Employer will pay any arbitration filing fee, together with the Arbitrator’s fees and all other arbitration expenses. Each party shall bear that party’s own costs of legal representation; provided, however, if any party prevails on a claim entitling the prevailing party to attorneys’ fees and/or costs pursuant to any applicable contract or statute, the Arbitrator may award reasonable fees and/or costs to the prevailing party in accordance with such claim.

The arbitration shall take place in Orange County, California. In arbitration, the parties will have. the right to conduct civil discovery, including, but not limited to written discovery and depositions, and the right to bring motions, as provided by the California Code of Civil Procedure, subject to the Arbitrator’s right to limit or to expand the scope of discovery for good cause.

Within thirty (30) calendar days of the close of the arbitration hearing, any party will have the right to prepare, serve and file with the Arbitrator a brief. The Arbitrator shall issue a written decision that reveals the essential findings and conclusions on which the decision is based, and subject to the terms and provisions of this Agreement, the Arbitrator’s decision shall be subject to such judicial review as is provided by law.

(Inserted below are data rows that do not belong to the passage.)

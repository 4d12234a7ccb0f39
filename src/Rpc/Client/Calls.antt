-- ===== src/Rpc/Client/Calls.antt =====
-- Inversion of the calls of crates/cory-core/src/rpc/http_adapter/client.rs that have returned Ok.
use cory.Base.{arith, ◌≡◌, ◌∙◌, subst, refl, List, ◌∷◌, ◌⊎◌, inl, inr}
use cory.Base.Text.{Text}
use cory.Error.{Result, ok, err, ok-injective}
use cory.Rpc.{call_each, after_call, push_result}
use cory.Rpc.Client.{ClientState, Call, lift, continue, ◌>>=◌, decoded, body_of}

module _ {S A B : Type 0} (f : A → Call S B) {b : B} where
  continue-ok :
      (r : Result A) (t : S) → (continue r f t).0 ≡ ok b → (a : A) × (r ≡ ok a) × ((f a t).0 ≡ ok b)
  continue-ok (ok a) t h = (a, refl, h)
  continue-ok (err e) t h = cc

  pub bind-ok :
      (m : Call S A) (s : S)
      → ((m >>= f) s).0 ≡ ok b
      → (a : A) × ((m s).0 ≡ ok a) × ((f a (m s).1).0 ≡ ok b)
  unfolding ◌>>=◌
  bind-ok m s h = continue-ok (m s).0 (m s).1 h

-- A run of `call_each` on one element more.
pub record CalledFirst {R A B : Type 0} (call : A → R → Result B × R) (a : A) (list : List A)
    (r : R) (bs : List B) : Type 0 where
  pub head : B
  pub rest : List B
  pub first : (call a r).0 ≡ ok head
  pub others : (call_each call list (call a r).1).0 ≡ ok rest
  pub all : head ∷ rest ≡ bs

module _ {R B : Type 0} where
  push_result-ok :
      (b : B) (p : Result (List B) × R) (bs : List B)
      → (push_result b p).0 ≡ ok bs
      → (cs : List B) × (p.0 ≡ ok cs) × (b ∷ cs ≡ bs)
  push_result-ok b (ok cs, r) bs h = (cs, refl, cc h)
  push_result-ok b (err e, r) bs h = cc h

  after_call-ok :
      (p : Result B × R) (next : R → Result (List B) × R) (bs : List B)
      → (after_call p next).0 ≡ ok bs
      → (b : B) × (cs : List B) × (p.0 ≡ ok b) × ((next p.1).0 ≡ ok cs) × (b ∷ cs ≡ bs)
  after_call-ok (ok b, r) next bs h =
      let (cs, e, same) = push_result-ok b (next r) bs h in (b, cs, refl, e, same)
  after_call-ok (err e, r) next bs h = cc h

module _ {R A B : Type 0} where
  pub call_each-cons :
      (call : A → R → Result B × R) (a : A) (list : List A) (r : R) (bs : List B)
      → (call_each call (a ∷ list) r).0 ≡ ok bs
      → CalledFirst call a list r bs
  unfolding call_each
  call_each-cons call a list r bs h =
      let (b, cs, e, rest, same) = after_call-ok (call a r) (call_each call list) bs h in
      record { head = b; rest = cs; first = e; others = rest; all = same }

pub body_of-ok : (r : Text ⊎ Text) (body : Text) → body_of r ≡ ok body → r ≡ inr body
body_of-ok (inl message) body h = cc h
body_of-ok (inr b) body h = cc h

module _ {A : Type 0} (what : Text) (read : Text → Text ⊎ A) where
  pub decoded-ok : (body : Text) (a : A) → decoded what read body ≡ ok a → read body ≡ inr a
  decoded-ok body a h = ground (arith, h)

-- The call reserves no ids.
abbrev pub SameIds : {C N A : Type 0} → Call (ClientState C N) A → Type 0
SameIds {C} {N} m = (s : ClientState C N) → (m s).1.next_id ≡ s.next_id

module _ {C N A B : Type 0} (f : A → Call (ClientState C N) B)
    (rest : (a : A) → SameIds (f a)) where
  continue-SameIds : (r : Result A) (s : ClientState C N) → (continue r f s).1.next_id ≡ s.next_id
  continue-SameIds (ok a) s = rest a s
  continue-SameIds (err e) s = refl

  pub bind-SameIds : (m : Call (ClientState C N) A) → SameIds m → SameIds (m >>= f)
  unfolding ◌>>=◌
  bind-SameIds m h s = continue-SameIds (m s).0 (m s).1 ∙ h s

-- What the call returns has the property, in whatever state it is made.
pub record Returns {S A : Type 0} (m : Call S A) (Q : A → Type 0) : Type 0 where
  pub returns : (s : S) (a : A) → (m s).0 ≡ ok a → Q a

pub Returns-any : {S A : Type 0} (m : Call S A) → Returns m (λ _. Unit {0})
Returns-any m = record { returns = λ s a e. tt }

pub Returns-lift : {S A : Type 0} (r : Result A) → Returns {S = S} (lift r) (λ a. r ≡ ok a)
Returns-lift r = record { returns = λ s a e. e }

pub Returns-ok : {S A : Type 0} {Q : A → Type 0} (a : A) → Q a → Returns {S = S} (lift (ok a)) Q
Returns-ok {Q} a q = record { returns = λ s b e. subst Q (ok-injective e) q }

pub Returns-then :
    {S A B : Type 0} {m : Call S A} {f : A → Call S B} {P : A → Type 0} {Q : B → Type 0}
    → Returns m P
    → ((a : A) → P a → Returns (f a) Q)
    → Returns (m >>= f) Q
Returns-then {m} {f} h rest = record {
  returns = λ s b e.
      let (a, first, last) = bind-ok f m s e in
      (rest a (h.returns s a first)).returns (m s).1 b last;
}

Nothing contained in this Agreement shall be deemed to alter or modify Employer’s policy of at-will employment. Employment at Employer is at-will and can be terminated by either an employee or by Employer at any time, for any reason or no reason, on notice to the other party. This Agreement shall survive any separation of Employee’s employment. This Agreement may not be altered or modified other than by an individual written agreement specifically referencing such alteration or modification, signed both by Employee and by Employer’s highest-ranking executive officer.

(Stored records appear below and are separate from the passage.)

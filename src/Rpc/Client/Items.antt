-- ===== src/Rpc/Client/Items.antt =====
-- The items of a batch answer in crates/cory-core/src/rpc/http_adapter/client.rs: rpc_batch collects
-- them by id and takes them in the order of the requests, which have different ids.
use cory.Base.{
  ℕ, zero, suc, ◌+◌, ◌%◌, ◌^◌, ◌<◌, ◌≡◌, ◌≢◌, refl, ap, subst, Option, none, some, List, [], ◌∷◌,
  Memᴰ, inr, All, Distinct, length, nat_eq, arith, Option-cases, inl,
}
use cory.Base.Map.{Map, get, insert, remove, Entries, Entries-insert, Entries-remove, Entries-get}
use cory.Base.Text.{Text}
use cory.Error.{Result, ok, err, Result-cases}
use cory.Rpc.Json.{JsonRpcRequest, JsonRpcResponseOwned, JsonValue}
use cory.Rpc.Protocol.{parse_batch_id}
use cory.Rpc.Client.{
  Network, HttpRpcClient, unwrap_or, requests, collect_by_id, push_result, in_order, result_of,
}

abbrev pub request_ids : {V : Type 0} → List (JsonRpcRequest V) → List ℕ
request_ids [] = []
request_ids (req ∷ reqs) = req.id ∷ request_ids reqs

module _ {V F C N : Type 0} (js : JsonValue V F) (net : Network V C N)
    (client : HttpRpcClient) where
  -- An item of the list that carries the id.
  abbrev pub Under : List (JsonRpcResponseOwned V) → ℕ → JsonRpcResponseOwned V → Type 0
  Under items id item = (parse_batch_id js item.id ≡ ok id) × Memᴰ item items

  -- Of a map by ids and the items that are still to come.
  pub collect-Entries :
      (P : ℕ → JsonRpcResponseOwned V → Type 0) (todo : List (JsonRpcResponseOwned V))
      (by_id m : Map ℕ (JsonRpcResponseOwned V))
      → Entries P by_id
      → ((item : JsonRpcResponseOwned V)
          → Memᴰ item todo
          → (id : ℕ) → parse_batch_id js item.id ≡ ok id
          → P id item)
      → collect_by_id js net client todo by_id ≡ ok m
      → Entries P m
  unfolding collect_by_id
  collect-Entries P [] by_id m h good e = subst (Entries P) (cc e) h
  collect-Entries P (item ∷ todo) by_id m h good e =
      elim (Result-cases (parse_batch_id js item.id)) [
        | inl (id, is_id) ↦
            collect-Entries P todo (insert id item by_id) m
              (Entries-insert P id item by_id (good item (Memᴰ.head refl) id is_id) h)
              (λ other at. good other (Memᴰ.tail at)) (rw (is_id, collect_by_id) at e)
        | inr (x, failed) ↦ absurd (cc (rw (failed, collect_by_id) at e))
      ]

  -- The values are the results of items with consecutive ids.
  abbrev pub AtIds : (ℕ → JsonRpcResponseOwned V → Type 0) → ℕ → List V → Type 0
  AtIds P id [] = Unit
  AtIds P id (value ∷ values) =
      ((item : JsonRpcResponseOwned V) × P id item
        × (result_of js net client item.error item.result ≡ ok value))
      × AtIds P (suc id) values

  push_result-ok :
      (r : Result V) (rest : Result (List V)) (values : List V)
      → push_result js net client r rest ≡ ok values
      → (v : V) × (vs : List V) × (r ≡ ok v) × (rest ≡ ok vs) × (v ∷ vs ≡ values)
  push_result-ok (ok v) (ok vs) values e = (v, vs, refl, refl, cc e)
  push_result-ok (ok v) (err x) values e = cc e
  push_result-ok (err x) rest values e = cc e

  pub in_order-AtIds :
      (P : ℕ → JsonRpcResponseOwned V → Type 0) (count id : ℕ)
      (by_id : Map ℕ (JsonRpcResponseOwned V)) (values : List V)
      → Entries P by_id
      → in_order js net client count id by_id ≡ ok values
      → (length values ≡ count) × AtIds P id values
  unfolding in_order
  in_order-AtIds P zero id by_id values h e =
      let same : [] ≡ values = cc e in subst (λ vs. (length vs ≡ 0) × AtIds P id vs) same (refl, tt)
  in_order-AtIds P (suc count) id by_id values h e = elim (Option-cases (get by_id id)) [
    | inl missing ↦ absurd (cc (rw (missing, in_order) at e))
    | inr (item, found) ↦
        let (v, vs, good, others, same) = push_result-ok _ _ values (rw (found, in_order) at e) in
        let (len, rest) =
          in_order-AtIds P count (suc id) (remove id by_id) vs (Entries-remove P id by_id h)
            others in
        subst (λ xs. (length xs ≡ suc count) × AtIds P id xs) same
          (ap suc len, ((item, Entries-get P by_id id item h found, good), rest))
  ]

  pub result_of-ok :
      (error result : Option V) (value : V)
      → result_of js net client error result ≡ ok value
      → (error ≡ none) × (unwrap_or js.null result ≡ value)
  unfolding result_of
  result_of-ok (some e) result value h = cc h
  result_of-ok none result value h = (refl, cc h)

  requests-above :
      (low id : ℕ) (calls : List (Text × List V))
      → low < id
      → id + length calls < 2 ^ 64
      → All (λ j. low ≢ j) (request_ids (requests js net client id calls))
  unfolding requests
  requests-above low id [] h room = tt
  requests-above low id (call ∷ calls) h room =
      (omega arith, requests-above low (suc id) calls (omega arith) (omega arith))

  pub requests-Distinct :
      (id : ℕ) (calls : List (Text × List V))
      → id + length calls < 2 ^ 64
      → Distinct (request_ids (requests js net client id calls))
  unfolding requests
  requests-Distinct id [] room = tt
  requests-Distinct id (call ∷ calls) room = (
    requests-above (id % 2 ^ 64) (suc id) calls (omega arith) (omega arith),
    requests-Distinct (suc id) calls (omega arith),
  )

This is the complete agreement of the parties on the subjects of arbitration of claims and waiver of trial by jury. This Agreement supersedes any prior or contemporaneous oral, written, or implied understanding, negotiation, or discussion on the subject. If any provision of this Agreement is held invalid, void, or unenforceable by a court having jurisdiction, the remainder of this Agreement shall remain in full force and effect; provided, however, that if the provision herein for the waiver of class, collective or representative action relief is held unenforceable, the parties shall be deemed to have made no agreement to conduct any arbitration on a class, collective or representative action basis.

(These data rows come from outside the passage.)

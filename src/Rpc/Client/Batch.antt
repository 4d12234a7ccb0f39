-- ===== src/Rpc/Client/Batch.antt =====
-- The batches of crates/cory-core/src/rpc/http_adapter/client.rs (rpc_batch, rpc_batch_chunked)
-- against a server that answers each request under the id of the request, in any order.
use cory.Base.{
  ℕ, suc, ◌+◌, ◌-◌, ◌%◌, ◌^◌, ◌<◌, ◌≡◌, refl, ◌∙◌, ap, subst, Option, none, some, List, [], ◌∷◌,
  ◌++◌, Memᴰ, inr, Each, Each-append, Distinct, length, length-append, chunks, flatten,
  flatten-chunks, nat_eq, arith,
}
use cory.Base.Map.{Map}
use cory.Base.Text.{Text, text}
use cory.Error.{Result, ok, err}
use cory.Rpc.{call_each}
use cory.Rpc.Json.{JsonRpcRequest, JsonRpcResponse, JsonRpcResponseOwned, JsonValue}
use cory.Rpc.Protocol.{parse_batch_id}
use cory.Rpc.Connection.{Auth}
use cory.Rpc.Client.{
  Payload, single, batch, Network, HttpRpcClient, ClientState, unwrap_or, request_with, requests,
  collect_by_id, result_of, send, wait_for_rate_limit, rpc_call, rpc_batch, answer_batch,
  rpc_batch_chunked, from_start, ◌>>=◌, lift, decoded,
}
use cory.Rpc.Client.Calls.{bind-ok, SameIds, bind-SameIds, call_each-cons, body_of-ok, decoded-ok}
use cory.Rpc.Client.Items.{
  request_ids, Under, AtIds, collect-Entries, in_order-AtIds, result_of-ok, requests-Distinct,
}

-- A JSON-RPC server: a result that comes with no error answers the request that it is for, in a batch
-- of requests with different ids the one with its id. `Answers` relates a method with its parameters
-- and a result.
pub record IsServer {V F C N : Type 0} (js : JsonValue V F) (net : Network V C N)
    (Answers : Text × List V → V → Type 0) : Type 0 where
  pub one :
      (url : Text) (auth : Auth) (req : JsonRpcRequest V) (n : N) (body : Text)
      (response : JsonRpcResponse V)
      → (net.post url auth (single req) n).0 ≡ inr body
      → js.read_response body ≡ inr response
      → response.error ≡ none
      → Answers (req.method, req.params) (unwrap_or js.null response.result)
  pub many :
      (url : Text) (auth : Auth) (reqs : List (JsonRpcRequest V)) (n : N) (body : Text)
      (items : List (JsonRpcResponseOwned V)) (req : JsonRpcRequest V)
      (item : JsonRpcResponseOwned V)
      → (net.post url auth (batch reqs) n).0 ≡ inr body
      → js.read_batch body ≡ inr items
      → Distinct (request_ids reqs)
      → Memᴰ req reqs
      → Memᴰ item items
      → parse_batch_id js item.id ≡ ok req.id
      → item.error ≡ none
      → Answers (req.method, req.params) (unwrap_or js.null item.result)

abbrev one_response : Text
one_response = text "response: "

abbrev batch_response : Text
batch_response = text "batch response: "

module _ {V F C N : Type 0} (js : JsonValue V F) (net : Network V C N) (client : HttpRpcClient)
    (Answers : Text × List V → V → Type 0) where
  -- What an item of the answer says to the request with its id.
  abbrev Holds : (ℕ → JsonRpcResponseOwned V → Type 0) → JsonRpcRequest V → Type 0
  Holds P req =
      (item : JsonRpcResponseOwned V)
      → P req.id item
      → item.error ≡ none
      → Answers (req.method, req.params) (unwrap_or js.null item.result)

  AtIds-Each :
      (P : ℕ → JsonRpcResponseOwned V → Type 0) (id : ℕ) (calls : List (Text × List V))
      (values : List V)
      → id + length calls < 2 ^ 64
      → ((req : JsonRpcRequest V) → Memᴰ req (requests js net client id calls) → Holds P req)
      → length values ≡ length calls
      → AtIds js net client P id values
      → Each Answers calls values
  unfolding requests
  AtIds-Each P id [] [] room honest len at = tt
  AtIds-Each P id [] (v ∷ values) room honest len at = absurd (omega arith)
  AtIds-Each P id (call ∷ calls) [] room honest len at = absurd (omega arith)
  AtIds-Each P id (call ∷ calls) (v ∷ values) room honest len ((item, under, good), rest) =
      let (no_error, same) = result_of-ok js net client item.error item.result v good in
      let exact : id ≡ id % 2 ^ 64 = omega arith in
      (
        subst (Answers call) same (
            honest (request_with js net client (id % 2 ^ 64) call) (Memᴰ.head refl) item
              (subst (λ i. P i item) exact under) no_error),
        AtIds-Each P (suc id) calls values (omega arith) (λ req at. honest req (Memᴰ.tail at))
            (omega arith) rest,
      )

module _ {V F C N : Type 0} (js : JsonValue V F) (net : Network V C N) (client : HttpRpcClient)
    (Answers : Text × List V → V → Type 0) (server : IsServer js net Answers) where
  ready-next_id :
      (limiter : Option ℕ) (s : ClientState C N)
      → (wait_for_rate_limit js net client limiter s).next_id ≡ s.next_id
  unfolding wait_for_rate_limit
  ready-next_id none s = refl
  ready-next_id (some quota) s = refl

  send-next_id :
      (payload : Payload V) (s : ClientState C N)
      → (send js net client payload s).1.next_id ≡ s.next_id
  unfolding send
  send-next_id payload s = refl

  answer_batch-SameIds :
      (start : ℕ) (calls : List (Text × List V)) → SameIds (answer_batch js net client start calls)
  unfolding answer_batch
  answer_batch-SameIds start calls =
      bind-SameIds _
        (λ body.
          bind-SameIds _ (λ items s. refl) (lift (decoded batch_response js.read_batch body))
            (λ s. refl))
        (send js net client _) (send-next_id _)

  rpc_batch-next_id :
      (calls : List (Text × List V)) (s : ClientState C N)
      → (rpc_batch js net client calls s).1.next_id ≡ (s.next_id + length calls) % 2 ^ 64
  unfolding rpc_batch
  rpc_batch-next_id calls s =
      answer_batch-SameIds _ calls _
      ∙ ap (λ (i : ℕ). (i + length calls) % 2 ^ 64) (ready-next_id client.limiter s)

  from_start-Each :
      (start : ℕ) (calls : List (Text × List V)) (n : N) (body : Text)
      (items : List (JsonRpcResponseOwned V)) (values : List V)
      (by_id : Result (Map ℕ (JsonRpcResponseOwned V)))
      → start + length calls < 2 ^ 64
      → (net.post client.url client.auth (batch (requests js net client start calls)) n).0
        ≡ inr body
      → js.read_batch body ≡ inr items
      → collect_by_id js net client items [] ≡ by_id
      → from_start js net client start ((start + length calls) % 2 ^ 64) by_id ≡ ok values
      → Each Answers calls values
  from_start-Each start calls n body items values (err x) room posted read collected e = cc e
  from_start-Each start calls n body items values (ok by_id) room posted read collected e =
      let entries =
        collect-Entries js net client (Under js net client items) items [] by_id tt
          (λ item at id is_id. (is_id, at)) collected in
      let (len, at) =
        in_order-AtIds js net client (Under js net client items)
          ((start + length calls) % 2 ^ 64 - start) start by_id values entries e in
      AtIds-Each js net client Answers (Under js net client items) start calls values room
        (λ req is_req item under no_error.
          server.many client.url client.auth (requests js net client start calls) n body items req
            item posted read (requests-Distinct js net client start calls room) is_req under.1
            under.0 no_error)
        (omega arith) at

  answer_batch-Each :
      (start : ℕ) (calls : List (Text × List V)) (s : ClientState C N) (values : List V)
      → start + length calls < 2 ^ 64
      → (answer_batch js net client start calls s).0 ≡ ok values
      → Each Answers calls values
  unfolding answer_batch send
  answer_batch-Each start calls s values room e =
      let (body, sent, e') = bind-ok _ (send js net client _) s e in
      let (items, read, e'') = bind-ok _ (lift (decoded batch_response js.read_batch body)) _ e' in
      from_start-Each start calls s.net body items values _ room (body_of-ok _ body sent)
        (decoded-ok batch_response js.read_batch body items read) refl e''

  rpc_batch-Each :
      (calls : List (Text × List V)) (s : ClientState C N) (values : List V)
      → s.next_id + length calls < 2 ^ 64
      → (rpc_batch js net client calls s).0 ≡ ok values
      → Each Answers calls values
  unfolding rpc_batch
  rpc_batch-Each calls s values room e =
      answer_batch-Each _ calls _ values (omega (arith, room, ready-next_id client.limiter s)) e

  answer-Each :
      (req : JsonRpcRequest V) (s : ClientState C N) (value : V)
      → ((do
        body ← send js net client (single req)
        response ← lift (decoded one_response js.read_response body)
        lift (result_of js net client response.error response.result))
          s).0
        ≡ ok value
      → Answers (req.method, req.params) value
  unfolding send
  answer-Each req s value e =
      let (body, sent, e') = bind-ok _ (send js net client (single req)) s e in
      let (response, read, e'') =
        bind-ok _ (lift (decoded one_response js.read_response body)) _ e' in
      let (no_error, same) = result_of-ok js net client response.error response.result value e'' in
      subst (Answers (req.method, req.params)) same (
        server.one client.url client.auth req s.net body response (body_of-ok _ body sent)
          (decoded-ok one_response js.read_response body response read) no_error)

  -- rpc_call returns what the server answers to the method.
  pub rpc_call-Answers :
      (method : Text) (params : List V) (s : ClientState C N) (value : V)
      → (rpc_call js net client method params s).0 ≡ ok value
      → Answers (method, params) value
  unfolding rpc_call
  rpc_call-Answers method params s value e = answer-Each _ _ value e

  -- The chunks of a list of calls, one after another.
  batches-Each :
      (batches : List (List (Text × List V))) (s : ClientState C N) (chunked : List (List V))
      → s.next_id + length (flatten batches) < 2 ^ 64
      → (call_each (rpc_batch js net client) batches s).0 ≡ ok chunked
      → Each Answers (flatten batches) (flatten chunked)
  unfolding call_each
  batches-Each [] s chunked room e =
      subst (λ vs. Each Answers [] (flatten vs)) (let same : [] ≡ chunked = cc e in same) tt
  batches-Each (calls ∷ batches) s chunked room e =
      let run = call_each-cons (rpc_batch js net client) calls batches s chunked e in
      let all = length-append calls (flatten batches) in
      subst (λ vs. Each Answers (calls ++ flatten batches) (flatten vs)) run.all
        (Each-append Answers calls (flatten batches) run.head (flatten run.rest)
          (rpc_batch-Each calls s run.head (omega (arith, all)) run.first)
          (batches-Each batches _ run.rest (omega (arith, all, rpc_batch-next_id calls s))
            run.others))

  -- Where rpc_batch_chunked returns, each call has its own answer, in the order of the calls.
  pub rpc_batch_chunked-Each :
      (calls : List (Text × List V)) (s : ClientState C N) (values : List V)
      → s.next_id + length calls < 2 ^ 64
      → 0 < client.batch_chunk_size
      → (rpc_batch_chunked js net client calls s).0 ≡ ok values
      → Each Answers calls values
  unfolding rpc_batch_chunked
  rpc_batch_chunked-Each [] s values room some_size e =
      subst (Each Answers []) (let same : [] ≡ values = cc e in same) tt
  rpc_batch_chunked-Each (call ∷ calls) s values room some_size e =
      let all = call ∷ calls in
      let parts = chunks (length all) client.batch_chunk_size all in
      let whole : flatten parts ≡ all =
        flatten-chunks (length all) client.batch_chunk_size all (omega arith) some_size in
      let (chunked, run, last) = bind-ok _ (call_each (rpc_batch js net client) parts) s e in
      let same : flatten chunked ≡ values = cc last in
      subst (Each Answers all) same (
        subst (λ l. Each Answers l (flatten chunked)) whole
          (batches-Each parts s chunked (omega (arith, room, ap length whole)) run))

If Employee’s agreement to waive the right to bring an action under the California Private Attorneys General Act of 2004 is declared void or unenforceable and Employee brings an action that includes claims subject to this Agreement and claims under the California Private Attorneys General Act of 2004, both Employer and Employee agree to stay any claims under the California Private Attorneys General Act of 2004 until the claims subject to this Agreement are fully arbitrated.


EMPLOYEE’S CERTIFICATION OF UNDERSTANDING OF AGREEMENT

EMPLOYEE’S SIGNATURE BELOW CONFIRMS THAT EMPLOYEE HAS READ, UNDERSTANDS, AND AGREES TO BE LEGALLY BOUND BY, ALL OF THE TERMS OF THIS AGREEMENT.

EMPLOYEE SHALL NOT SIGN UNTIL EMPLOYEE HAS READ AND UNDERSTANDS THE ENTIRE AGREEMENT. AFTER SIGNING THIS AGREEMENT, EMPLOYEE HAS NO RIGHT TO PURSUE CLAIMS AGAINST THE COMPANY IN COURT AND BEFORE A JURY, BUT ONLY THROUGH THE ARBITRATION PROCESS.